-- ===== src/Consensus/StateMachine/Reading.antt =====
-- internal/consensus/fsm.go: what Read finds behind an applied mutation.
use m_aistr.Prelude.{
  ℕ, String, str_eq, ◌≡◌, refl, arith, if◌then◌else◌, true, false, ◌||◌, Option, none, some, List,
}
use m_aistr.Prelude.Dict.{get, get-put, get-delete}
use m_aistr.Consensus.StateMachine.{
  Mutation, MutationResult, MutationError, AppliedOperation, StateMachine, command, done,
  validate_mutation, or_else, validate_kind, mutate, read, apply, apply_data, persist_error,
  perform, persisted, stored, valid,
}

-- What a mutation makes of the value of a key.
abbrev pub value_after : Mutation → String → Option (List ℕ) → Option (List ℕ)
value_after m key old =
    if str_eq m.key key then (if str_eq m.kind "put" then some m.value else none) else old

or_else-none : (a b : Option MutationError) → or_else a b ≡ none → b ≡ none
unfolding or_else
or_else-none none b h = h
or_else-none (some e) b h = absurd (cc)

kind_known :
    (m : Mutation) → validate_kind m ≡ none → (str_eq m.kind "put" || str_eq m.kind "delete") ≡ true
unfolding validate_kind
kind_known m h = ground arith

valid_kind :
    (m : Mutation)
    → validate_mutation m ≡ none
    → (str_eq m.kind "put" || str_eq m.kind "delete") ≡ true
unfolding validate_mutation
valid_kind m h = kind_known m (or_else-none _ (validate_kind m) (or_else-none _ _ h))

get-mutate :
    (m : Mutation) (key : String) (f : StateMachine)
    → validate_mutation m ≡ none
    → get key (mutate m f.values) ≡ value_after m key (get key f.values)
unfolding mutate
get-mutate m key f h =
    ground
      (arith, valid_kind m h, get-put m.key key m.value f.values, get-delete m.key key f.values)

module _ (fingerprint : Mutation → String) (persist : Option (ℕ → Option String)) where
  performed :
      (index : ℕ) (m : Mutation) (f : StateMachine) (r : MutationResult) (key : String)
      (previous : Option AppliedOperation)
      → validate_mutation m ≡ none
      → (perform fingerprint persist index m f previous).1 ≡ done r
      → r.duplicate ≡ false
      → get key (perform fingerprint persist index m f previous).0.values
        ≡ value_after m key (get key f.values)
  unfolding perform
  performed index m f r key (some p) v h d = absurd (ground (arith, h, d))
  performed index m f r key none v h d = get-mutate m key f v

  -- A mutation that is applied for the first time is read back: its key has the value that it puts,
  -- or none if it deletes, and every other key has the value of before.
  pub read-apply :
      (index : ℕ) (m : Mutation) (f : StateMachine) (r : MutationResult) (key : String)
      → (apply fingerprint persist (command index m) f).1 ≡ done r
      → r.duplicate ≡ false
      → read key (apply fingerprint persist (command index m) f).0 ≡ value_after m key (read key f)
  unfolding apply apply_data valid stored persisted read
  read-apply index m f r key h d = checked (validate_mutation m) refl h
    where
      written :
          (e : Option MutationError)
          → validate_mutation m ≡ none
          → (persisted fingerprint persist index m f e).1 ≡ done r
          → get key (persisted fingerprint persist index m f e).0.values
            ≡ value_after m key (get key f.values)
      written none v k = performed index m f r key (get m.operation_id f.operations) v k d
      written (some e) v k = absurd (cc)

      sane :
          (e : Option MutationError)
          → validate_mutation m ≡ none
          → (stored fingerprint persist index m f e).1 ≡ done r
          → get key (stored fingerprint persist index m f e).0.values
            ≡ value_after m key (get key f.values)
      sane none v k = written (persist_error index persist) v k
      sane (some e) v k = absurd (cc)

      checked :
          (e : Option MutationError)
          → validate_mutation m ≡ e
          → (valid fingerprint persist index m f e).1 ≡ done r
          → get key (valid fingerprint persist index m f e).0.values
            ≡ value_after m key (get key f.values)
      checked none v k = sane f.storage_err v k
      checked (some e) v k = absurd (cc)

───

[EXERCISE BRIEF] Each line in the listing that contains "command" should be returned.

[SOLUTION TO THE PROBLEM]
  Mutation, MutationResult, MutationError, AppliedOperation, StateMachine, command, done,
      → (apply fingerprint persist (command index m) f).1 ≡ done r
      → read key (apply fingerprint persist (command index m) f).0 ≡ value_after m key (read key f)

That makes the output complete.